The army was settling into uneasy bivouac when sometime after dusk it began to rain, an omen some claimed, though whether for good or ill was not altogether clear. In the dark, men tripped over objects that weren’t there, dogs barked for no discernible cause. Even the battle-tested horses seemed spooked, whinnying without provocation, snapping occasionally at passing humans. “There’s a higher officer than Little Mac or Bobby Lee directing the course of this campaign,” claimed Sergeant Wickersham, attempting to calm the “strawfeet.” “On this field we’re all outranked, private and general alike. And that commander ain’t going to let the Union go down. He ain’t going to let you boys go down.” Corporal Albion Franks, a veteran of Bull Run and the Peninsula who’d been listening nearby, averted his face and spat carefully into the dirt.
And all through that long rainy night the remaining regiments came straggling into camp, spectral beings from realms underground gathered out of the fog, the silence of their grand procession broken only by the jingle of metal and the steady monotonous hissing sound of their feet upon the road.
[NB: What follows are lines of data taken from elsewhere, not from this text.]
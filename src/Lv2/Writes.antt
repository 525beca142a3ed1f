-- ===== src/Lv2/Writes.antt =====
-- What the port mappers leave in a host (src/lsp_eq_port_mapper.cpp,
-- src/lsp_limiter_port_mapper.cpp).
use ee_eq_cli.Common.{
  ℕ, zero, suc, Bool, true, false, not, ◌&&◌, String, List, [], ◌∷◌, ◌++◌, map, some, ◌≡◌, refl,
  sym, ap, subst, ◌∙◌, ◌=s◌, =s_comm, contains, Distinct, length, All, on_option_cases, arith,
}
use ee_eq_cli.Floats.{FloatOps}
use ee_eq_cli.Preset.{EqBand, EqPreset, LimiterPreset}
use ee_eq_cli.Lv2.{Lv2HostCore}
use ee_eq_cli.Lv2.Ports.{
  Infinities, control_port, set_control_port_value, get_control_port_value, set_value,
}
use ee_eq_cli.Lv2.Wiring.{Wired}
use ee_eq_cli.Lv2.Reaching.{Reached, sets, Reached-Wired, get_elem?-at_index_ne}
use ee_eq_cli.Lv2.Values.{Reads, set_control_port_value-TakesValue, Points-ne, control_port-Points}
use ee_eq_cli.Lv2.Mappers.{
  Levels, Tags, tag, left_tags, right_tags, set_all, channel_writes, eq_writes, limiter_writes,
  apply_eq_preset_to_host, apply_limiter_preset_to_host,
}

-- Whether no text comes twice.
abbrev distinct : List String → Bool
distinct [] = true
distinct (x ∷ xs) = not (contains xs x) && distinct xs

distinct-Distinct : (xs : List String) → distinct xs ≡ true → Distinct xs
distinct-Distinct [] h = tt
distinct-Distinct (x ∷ xs) h = (ground (arith, h), distinct-Distinct xs (ground (arith, h)))

module _ (F : FloatOps) (I : Infinities F.Float) (L : Levels F) where
  abbrev pub symbols : List (String × F.Float) → List String
  symbols writes = map (λ w. w.0) writes

  set-control_port :
      (symbol other : String) (value : F.Float) (h : Lv2HostCore F.Float)
      → control_port F I (set_control_port_value F I symbol value h) other
        ≡ control_port F I h other
  unfolding set_control_port_value
  set-control_port symbol other value h =
      on_option_cases {X = Lv2HostCore F.Float}
        (λ r. control_port F I r other ≡ control_port F I h other) (control_port F I h symbol)
        (λ _. refl) (λ _ _. refl)

  -- What another port reads after a value is set is bounded by the port that it was.
  set-Reads :
      (symbol other : String) (value wanted : F.Float) (h r : Lv2HostCore F.Float) (j : ℕ)
      → Wired h
      → (symbol =s other) ≡ false
      → control_port F I h other ≡ some j
      → Reads F I other wanted (set_control_port_value F I symbol value h) r j
      → Reads F I other wanted h r j
  unfolding set_control_port_value
  set-Reads symbol other value wanted h r j w d e =
      on_option_cases {X = Lv2HostCore F.Float}
        (λ s. Reads F I other wanted s r j → Reads F I other wanted h r j)
        (control_port F I h symbol) (λ _ x. x)
        (λ i a (p, at, named, reads).
          let apart =
            Points-ne F I h.ports symbol other i j d (control_port-Points F I h symbol i w a)
              (control_port-Points F I h other j w e) in
          (
            p,
            sym (get_elem?-at_index_ne F I i j (set_value F I value) h.ports apart) ∙ at,
            named,
            reads,
          ))

  -- The port of the symbol, if there is one, reads the value in `r` within its bounds in `h`.
  abbrev pub Applied : Lv2HostCore F.Float → Lv2HostCore F.Float → String × F.Float → Type 0
  Applied h r w = (i : ℕ) → control_port F I h w.0 ≡ some i → Reads F I w.0 w.1 h r i

  -- What a sequence of writes must leave: every port has its value, the others what they had.
  pub record AllApplied (writes : List (String × F.Float)) (h r : Lv2HostCore F.Float)
      : Type 0 where
    pub applied : All (Applied h r) writes
    pub others :
        (other : String)
        → contains (symbols writes) other ≡ false
        → get_control_port_value F I other r ≡ get_control_port_value F I other h

  later-Applied :
      (symbol : String) (value : F.Float) (writes : List (String × F.Float))
      (h r : Lv2HostCore F.Float)
      → Wired h
      → contains (symbols writes) symbol ≡ false
      → All (Applied (set_control_port_value F I symbol value h) r) writes
      → All (Applied h r) writes
  later-Applied symbol value [] h r w d a = tt
  later-Applied symbol value ((s, v) ∷ writes) h r w d (a, rest) = (
    λ j e.
        set-Reads symbol s value v h r j w (=s_comm s symbol (ground (arith, d))) e
          (a j (set-control_port symbol s value h ∙ e)),
    later-Applied symbol value writes h r w (ground (arith, d)) rest,
  )

  set_all-AllApplied :
      (writes : List (String × F.Float)) (h : Lv2HostCore F.Float)
      → Reached F I h
      → Distinct (symbols writes)
      → AllApplied writes h (set_all F I L writes h)
  set_all-AllApplied [] h r d = record { applied = tt; others = λ other _. refl }
  set_all-AllApplied ((symbol, value) ∷ writes) h r (fresh, d) =
      let next = set_control_port_value F I symbol value h in
      let one = set_control_port_value-TakesValue F I symbol value h r in
      let rest = set_all-AllApplied writes next (sets symbol value r) d in
      record {
        applied = (
          λ i e.
              let (p, at, named, reads) = one.reads i e in
              (p, at, named, rest.others symbol fresh ∙ reads),
          later-Applied symbol value writes h (set_all F I L writes next) (Reached-Wired F I h r)
              fresh rest.applied,
        );
        others =
            λ other n. rest.others other (ground (arith, n)) ∙ one.others other (ground (arith, n));
      }

  -- The symbols of a channel depend on the number of its bands only.
  abbrev band_symbols : Tags → ℕ → List String
  band_symbols t i =
      tag t.type_ports i
      ∷ tag t.mode_ports i
      ∷ tag t.slope_ports i
      ∷ tag t.solo_ports i
      ∷ tag t.mute_ports i
      ∷ tag t.frequency_ports i
      ∷ tag t.q_ports i
      ∷ tag t.width_ports i
      ∷ tag t.gain_ports i
      ∷ []

  abbrev channel_symbols : Tags → ℕ → ℕ → List String
  channel_symbols t i zero = []
  channel_symbols t i (suc n) = band_symbols t i ++ channel_symbols t (suc i) n

  map-append : (xs ys : List (String × F.Float)) → symbols (xs ++ ys) ≡ symbols xs ++ symbols ys
  map-append [] ys = refl
  map-append (x ∷ xs) ys = ap (◌∷◌ x.0) (map-append xs ys)

  symbols-channel_writes :
      (t : Tags) (i : ℕ) (bands : List (EqBand F.Double))
      → symbols (channel_writes F I L t i bands) ≡ channel_symbols t i (length bands)
  symbols-channel_writes t i [] = refl
  symbols-channel_writes t i (band ∷ bands) =
      ap (λ l. band_symbols t i ++ l) (symbols-channel_writes t (suc i) bands)

  abbrev pub eq_symbols : ℕ → ℕ → List String
  eq_symbols left right =
      "mode"
      ∷ "bal"
      ∷ "frqs_l"
      ∷ "frqs_r"
      ∷ "clink"
      ∷ (channel_symbols left_tags 0 left ++ channel_symbols right_tags 0 right)

  eq_symbols-Distinct : Distinct (eq_symbols 32 32)
  eq_symbols-Distinct = distinct-Distinct (eq_symbols 32 32) refl

  pub symbols-eq_writes :
      (preset : EqPreset F.Double)
      → symbols (eq_writes F I L preset) ≡ eq_symbols (length preset.left) (length preset.right)
  symbols-eq_writes preset =
      ap (λ l. "mode" ∷ "bal" ∷ "frqs_l" ∷ "frqs_r" ∷ "clink" ∷ l)
        (map-append (channel_writes F I L left_tags 0 preset.left)
            (channel_writes F I L right_tags 0 preset.right)
          ∙ (ap (λ l. l ++ symbols (channel_writes F I L right_tags 0 preset.right))
                (symbols-channel_writes left_tags 0 preset.left)
              ∙ ap (λ l. channel_symbols left_tags 0 (length preset.left) ++ l)
                  (symbols-channel_writes right_tags 0 preset.right)))

  -- The calls for an equalizer's preset all take effect.
  pub apply_eq-AllApplied :
      (preset : EqPreset F.Double) (h : Lv2HostCore F.Float)
      → length preset.left ≡ 32
      → length preset.right ≡ 32
      → Reached F I h
      → AllApplied (eq_writes F I L preset) h (apply_eq_preset_to_host F I L preset h)
  unfolding apply_eq_preset_to_host
  apply_eq-AllApplied preset h left right r =
      let same : symbols (eq_writes F I L preset) ≡ eq_symbols 32 32 =
        symbols-eq_writes preset ∙ rw (left, right) refl in
      set_all-AllApplied (eq_writes F I L preset) h r
        (subst Distinct (sym same) eq_symbols-Distinct)

  -- The calls for a limiter's preset all take effect.
  pub apply_limiter-AllApplied :
      (preset : LimiterPreset F.Double) (h : Lv2HostCore F.Float)
      → Reached F I h
      → AllApplied (limiter_writes F I L preset) h (apply_limiter_preset_to_host F I L preset h)
  unfolding apply_limiter_preset_to_host
  apply_limiter-AllApplied preset h r =
      set_all-AllApplied (limiter_writes F I L preset) h r
        (distinct-Distinct (symbols (limiter_writes F I L preset)) refl)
Liberty and Phineas Fowler sat huddled cold, wet and miserable inside their tent, munching on handfuls of dry coffee mi
xed with the last of their sugar. No fires, the general had ordered, no talking either. The opposing armies now lay as close to one another as weary travelers sharing a narrow bed, their restless shifting throughout the night setting off periodic flurries of picket fire, the muzzle flashes darting like bright reptilian tongues through the drizzle and thickening fog, attempting to sense within this tense obscurity the adversary’s precise location. Sleep would be a rare commodity tonight on either side—especially for Liberty, who the previous day had discovered gunpowder in his canteen and, this morning, that his ramrod had gone missing. “Once the ball’s in motion,” Sergeant Wickersham had assured him, “you’ll be able to fetch another easy enough. The field’ll be scattered with them.”
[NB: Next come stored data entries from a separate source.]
-- ===== src/Lv2/Equalizer.antt =====
-- Which port of an equalizer shows which setting of a preset (src/lsp_eq_port_mapper.cpp), written
-- out setting by setting.
use ee_eq_cli.Common.{
  ℕ, zero, suc, false, ◌+◌, String, List, [], ◌∷◌, ◌++◌, ◌<>◌, decimal, some, ◌≡◌, refl, sym, subst,
  ◌∙◌, length, contains, All, get_elem?, if◌then◌else◌, arith,
}
use ee_eq_cli.Floats.{FloatOps}
use ee_eq_cli.Preset.{EqBand, EqPreset}
use ee_eq_cli.Preset.Labels.{
  label_index, eq_mode_labels, band_mode_labels, band_type_labels, band_slope_labels,
}
use ee_eq_cli.Lv2.{Lv2HostCore}
use ee_eq_cli.Lv2.Ports.{Infinities, get_control_port_value}
use ee_eq_cli.Lv2.Reaching.{Reached}
use ee_eq_cli.Lv2.Mappers.{
  Levels, Tags, left_tags, right_tags, band_writes, channel_writes, apply_eq_preset_to_host,
}
use ee_eq_cli.Lv2.Writes.{Applied, eq_symbols, symbols-eq_writes, apply_eq-AllApplied}

module _ (F : FloatOps) (I : Infinities F.Float) (L : Levels F) where
  open F use {Double, Float, dec, mul_d, div_d, f_zero, f_one}
  open L use {of_index, to_float, exp, ln10}

  -- The port with the symbol, if `h` has one, reads the value in `r`, within the port's bounds.
  abbrev pub Shows : Lv2HostCore Float → Lv2HostCore Float → String → Float → Type 0
  Shows h r symbol value = Applied F I L h r (symbol, value)

  -- The ports of a band: `side` is "l" or "r".
  pub record BandShows (h r : Lv2HostCore Float) (side : String) (i : ℕ) (band : EqBand Double)
      : Type 0 where
    pub type :
        Shows h r
          (("ft" <> side) <> "_" <> decimal i)
          (of_index (label_index band_type_labels band.type))
    pub mode :
        Shows h r
          (("fm" <> side) <> "_" <> decimal i)
          (of_index (label_index band_mode_labels band.mode))
    pub slope :
        Shows h r
          (("s" <> side) <> "_" <> decimal i)
          (of_index (label_index band_slope_labels band.slope))
    pub solo : Shows h r (("xs" <> side) <> "_" <> decimal i) (if band.solo then f_one else f_zero)
    pub mute : Shows h r (("xm" <> side) <> "_" <> decimal i) (if band.mute then f_one else f_zero)
    pub frequency : Shows h r (("f" <> side) <> "_" <> decimal i) (to_float band.frequency)
    pub q : Shows h r (("q" <> side) <> "_" <> decimal i) (to_float band.q)
    pub width : Shows h r (("w" <> side) <> "_" <> decimal i) (to_float band.width)
    -- A gain in decibels as a factor.
    pub gain :
        Shows h r
          (("g" <> side) <> "_" <> decimal i)
          (to_float (exp (mul_d (div_d band.gain_db (dec false 20 0)) ln10)))

  -- What the host `r` shows of a preset, where `h` is the host before.
  pub record EqShows (preset : EqPreset Double) (h r : Lv2HostCore Float) : Type 0 where
    pub mode : Shows h r "mode" (of_index (label_index eq_mode_labels preset.mode))
    pub balance : Shows h r "bal" (to_float preset.balance)
    pub pitch_left : Shows h r "frqs_l" (to_float preset.pitch_left)
    pub pitch_right : Shows h r "frqs_r" (to_float preset.pitch_right)
    pub linked : Shows h r "clink" (if preset.split_channels then f_zero else f_one)
    pub left :
        (i : ℕ) (band : EqBand Double)
        → get_elem? preset.left i ≡ some band
        → BandShows h r "l" i band
    pub right :
        (i : ℕ) (band : EqBand Double)
        → get_elem? preset.right i ≡ some band
        → BandShows h r "r" i band
    pub others :
        (other : String)
        → contains (eq_symbols F I L 32 32) other ≡ false
        → get_control_port_value F I other r ≡ get_control_port_value F I other h

  All-split :
      (P : String × Float → Type 0) (xs ys : List (String × Float))
      → All P (xs ++ ys)
      → All P xs × All P ys
  All-split P [] ys a = (tt, a)
  All-split P (x ∷ xs) ys (p, a) = let (l, r) = All-split P xs ys a in ((p, l), r)

  -- The writes of the band in place `i`.
  channel-band :
      (P : String × Float → Type 0) (t : Tags) (k : ℕ) (bands : List (EqBand Double)) (n i : ℕ)
      (band : EqBand Double)
      → n ≡ k + i
      → get_elem? bands i ≡ some band
      → All P (channel_writes F I L t k bands)
      → All P (band_writes F I L t n band)
  channel-band P t k [] n i band p e a = cc
  channel-band P t k (b ∷ bands) n zero band p e a =
      let same : b ≡ band = cc in
      let place : k ≡ n = omega (arith, p) in
      subst (λ m. All P (band_writes F I L t m band)) place
        (subst (λ x. All P (band_writes F I L t k x)) same
          (All-split P (band_writes F I L t k b) (channel_writes F I L t (suc k) bands) a).0)
  channel-band P t k (b ∷ bands) n (suc i) band p e a =
      channel-band P t (suc k) bands n i band (omega (arith, p)) e
        (All-split P (band_writes F I L t k b) (channel_writes F I L t (suc k) bands) a).1

  left-BandShows :
      (h r : Lv2HostCore Float) (i : ℕ) (band : EqBand Double)
      → All (Applied F I L h r) (band_writes F I L left_tags i band)
      → BandShows h r "l" i band
  left-BandShows h r i band (a, (b, (c, (d, (e, (f, (g, (w, (x, _))))))))) = record {
    type = a;
    mode = b;
    slope = c;
    solo = d;
    mute = e;
    frequency = f;
    q = g;
    width = w;
    gain = x;
  }

  right-BandShows :
      (h r : Lv2HostCore Float) (i : ℕ) (band : EqBand Double)
      → All (Applied F I L h r) (band_writes F I L right_tags i band)
      → BandShows h r "r" i band
  right-BandShows h r i band (a, (b, (c, (d, (e, (f, (g, (w, (x, _))))))))) = record {
    type = a;
    mode = b;
    slope = c;
    solo = d;
    mute = e;
    frequency = f;
    q = g;
    width = w;
    gain = x;
  }

  -- With 32 bands on each side, whatever calls the host has had before: each setting of the
  -- equalizer's preset is what its own port reads afterwards, within the port's bounds, and the
  -- ports that the mapper does not name read what they read before.
  pub apply_eq-EqShows :
      (preset : EqPreset Double) (h : Lv2HostCore Float)
      → length preset.left ≡ 32
      → length preset.right ≡ 32
      → Reached F I h
      → EqShows preset h (apply_eq_preset_to_host F I L preset h)
  apply_eq-EqShows preset h left right reached =
      let r = apply_eq_preset_to_host F I L preset h in
      let all = apply_eq-AllApplied F I L preset h left right reached in
      let same : eq_symbols F I L 32 32
          ≡ eq_symbols F I L (length preset.left) (length preset.right) =
        rw (left, right) refl in
      let (mode, (bal, (pl, (pr, (link, bands))))) = all.applied in
      let (ls, rs) =
        All-split (Applied F I L h r) (channel_writes F I L left_tags 0 preset.left)
          (channel_writes F I L right_tags 0 preset.right) bands in
      record {
        mode = mode;
        balance = bal;
        pitch_left = pl;
        pitch_right = pr;
        linked = link;
        left = λ i band e.
            left-BandShows h r i band (
              channel-band (Applied F I L h r) left_tags 0 preset.left i i band (omega arith) e ls);
        right = λ i band e. right-BandShows h r i band (
            channel-band (Applied F I L h r) right_tags 0 preset.right i i band (omega arith) e rs);
        others = λ other n.
            all.others other (
              subst (λ l. contains l other ≡ false) (same ∙ sym (symbols-eq_writes F I L preset))
                n);
      }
“I didn’t like the sound of that,” complained Fowler, wiping the grime from the metalwork of his Enfield. “How many of us do you reckon are going to end the day no longer in need of muskets or anything else for that matter?”
“Ill reflections, Phinny. Lieutenant Quincy says it’s such thoughts that help draw the minies.”
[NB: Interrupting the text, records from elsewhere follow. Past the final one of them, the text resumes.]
-- ===== src/Lv2/Limiter.antt =====
-- Which port of a limiter shows which setting of a preset (src/lsp_limiter_port_mapper.cpp),
-- written out setting by setting.
use ee_eq_cli.Common.{true, false, String, ◌≡◌, contains, if◌then◌else◌}
use ee_eq_cli.Floats.{FloatOps}
use ee_eq_cli.Preset.{LimiterPreset}
use ee_eq_cli.Preset.Labels.{
  label_index, limiter_mode_labels, limiter_oversampling_labels, limiter_dithering_labels,
  limiter_sidechain_labels,
}
use ee_eq_cli.Lv2.{Lv2HostCore}
use ee_eq_cli.Lv2.Ports.{Infinities, get_control_port_value}
use ee_eq_cli.Lv2.Reaching.{Reached}
use ee_eq_cli.Lv2.Mappers.{Levels, limiter_writes, apply_limiter_preset_to_host}
use ee_eq_cli.Lv2.Writes.{symbols, apply_limiter-AllApplied}
use ee_eq_cli.Lv2.Equalizer.{Shows}

module _ (F : FloatOps) (I : Infinities F.Float) (L : Levels F) where
  open F use {Double, Float, dec, mul_d, div_d, f_zero, f_one}
  open L use {of_index, to_float, exp, ln10, le_d}

  -- Decibels as a factor.
  abbrev factor : Double → Double
  factor db = exp (mul_d (div_d db (dec false 20 0)) ln10)

  -- What the host `r` shows of a preset, where `h` is the host before. The side chain's levels are 0
  -- from -80.01 dB down.
  pub record LimiterShows (preset : LimiterPreset Double) (h r : Lv2HostCore Float) : Type 0 where
    pub mode : Shows F I L h r "mode" (of_index (label_index limiter_mode_labels preset.mode))
    pub oversampling :
        Shows F I L h r "ovs"
          (of_index (label_index limiter_oversampling_labels preset.oversampling))
    pub dithering :
        Shows F I L h r "dith" (of_index (label_index limiter_dithering_labels preset.dithering))
    pub sidechain_type :
        Shows F I L h r "extsc"
          (of_index (label_index limiter_sidechain_labels preset.sidechain_type))
    pub lookahead : Shows F I L h r "lk" (to_float preset.lookahead)
    pub attack : Shows F I L h r "at" (to_float preset.attack)
    pub release : Shows F I L h r "rt" (to_float preset.release)
    pub gain_boost : Shows F I L h r "boost" (if preset.gain_boost then f_one else f_zero)
    pub stereo_link : Shows F I L h r "slink" (to_float preset.stereo_link)
    pub alr : Shows F I L h r "alr" (if preset.alr then f_one else f_zero)
    pub alr_attack : Shows F I L h r "alr_at" (to_float preset.alr_attack)
    pub alr_release : Shows F I L h r "alr_rt" (to_float preset.alr_release)
    pub alr_knee_smooth : Shows F I L h r "smooth" (to_float preset.alr_knee_smooth_db)
    pub threshold : Shows F I L h r "th" (to_float (factor preset.threshold_db))
    pub alr_knee : Shows F I L h r "knee" (to_float (factor preset.alr_knee_db))
    pub sidechain_preamp : Shows F I L h r "scp" (
        if le_d preset.sidechain_preamp_db (dec true 8001 2)
        then f_zero
        else to_float (factor preset.sidechain_preamp_db))
    pub input_to_link : Shows F I L h r "in2lk" (
        if le_d preset.input_to_link_db (dec true 8001 2)
        then f_zero
        else to_float (factor preset.input_to_link_db))
    pub input_to_sidechain : Shows F I L h r "in2sc" (
        if le_d preset.input_to_sidechain_db (dec true 8001 2)
        then f_zero
        else to_float (factor preset.input_to_sidechain_db))
    pub sidechain_to_input : Shows F I L h r "sc2in" (
        if le_d preset.sidechain_to_input_db (dec true 8001 2)
        then f_zero
        else to_float (factor preset.sidechain_to_input_db))
    pub sidechain_to_link : Shows F I L h r "sc2lk" (
        if le_d preset.sidechain_to_link_db (dec true 8001 2)
        then f_zero
        else to_float (factor preset.sidechain_to_link_db))
    pub link_to_input : Shows F I L h r "lk2in" (
        if le_d preset.link_to_input_db (dec true 8001 2)
        then f_zero
        else to_float (factor preset.link_to_input_db))
    pub link_to_sidechain : Shows F I L h r "lk2sc" (
        if le_d preset.link_to_sidechain_db (dec true 8001 2)
        then f_zero
        else to_float (factor preset.link_to_sidechain_db))
    pub others :
        (other : String)
        → contains (symbols F I L (limiter_writes F I L preset)) other ≡ false
        → get_control_port_value F I other r ≡ get_control_port_value F I other h

  -- Whatever calls the host has had before: each setting of the limiter's preset is what its own port
  -- reads afterwards, within the port's bounds, and the ports that the mapper does not name read
  -- what they read before.
  pub apply_limiter-LimiterShows :
      (preset : LimiterPreset Double) (h : Lv2HostCore Float)
      → Reached F I h
      → LimiterShows preset h (apply_limiter_preset_to_host F I L preset h)
  apply_limiter-LimiterShows preset h reached =
      let all = apply_limiter-AllApplied F I L preset h reached in
      let (
        x0,
        (
          x1,
          (
            x2,
            (
              x3,
              (
                x4,
                (
                  x5,
                  (
                    x6,
                    (
                      x7,
                      (
                        x8,
                        (
                          x9,
                          (
                            x10,
                            (
                              x11,
                              (
                                x12,
                                (x13, (x14, (x15, (x16, (x17, (x18, (x19, (x20, (x21, _))))))))),
                              ),
                            ),
                          ),
                        ),
                      ),
                    ),
                  ),
                ),
              ),
            ),
          ),
        ),
      ) =
        all.applied in
      record {
        mode = x0;
        oversampling = x1;
        dithering = x2;
        sidechain_type = x3;
        lookahead = x4;
        attack = x5;
        release = x6;
        gain_boost = x7;
        stereo_link = x8;
        alr = x9;
        alr_attack = x10;
        alr_release = x11;
        alr_knee_smooth = x12;
        threshold = x13;
        alr_knee = x14;
        sidechain_preamp = x15;
        input_to_link = x16;
        input_to_sidechain = x17;
        sidechain_to_input = x18;
        sidechain_to_link = x19;
        link_to_input = x20;
        link_to_sidechain = x21;
        others = all.others;
      }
“But how do you know I’m not having thoughts like this because I’m already sensing the balls coming toward me?”
“They’re coming for all of us, Phinny, and I would suggest the best remedy is whatever rest we can pinch from this grudging night.” He rolled over onto his dry side, which became immediately wet.
“I’m scared, Liberty. I don’t know if my soul is adequately prepared.”
“Go talk to the chaplain.” He could feel the leading edge of a cold taking up residence in the back of his throat.
“Chaplain Poague doesn’t like me. He believes redheads are all bound for perdition.”
“Yes,” said Liberty, trying to determine if that was a rock or a root pressing so insistently against his hip, “and all southpaws are thieves. I’ve heard the speech.”
“You’d think they would provide us with spiritual counsel of a loftier quality, especially on the eve of battle.”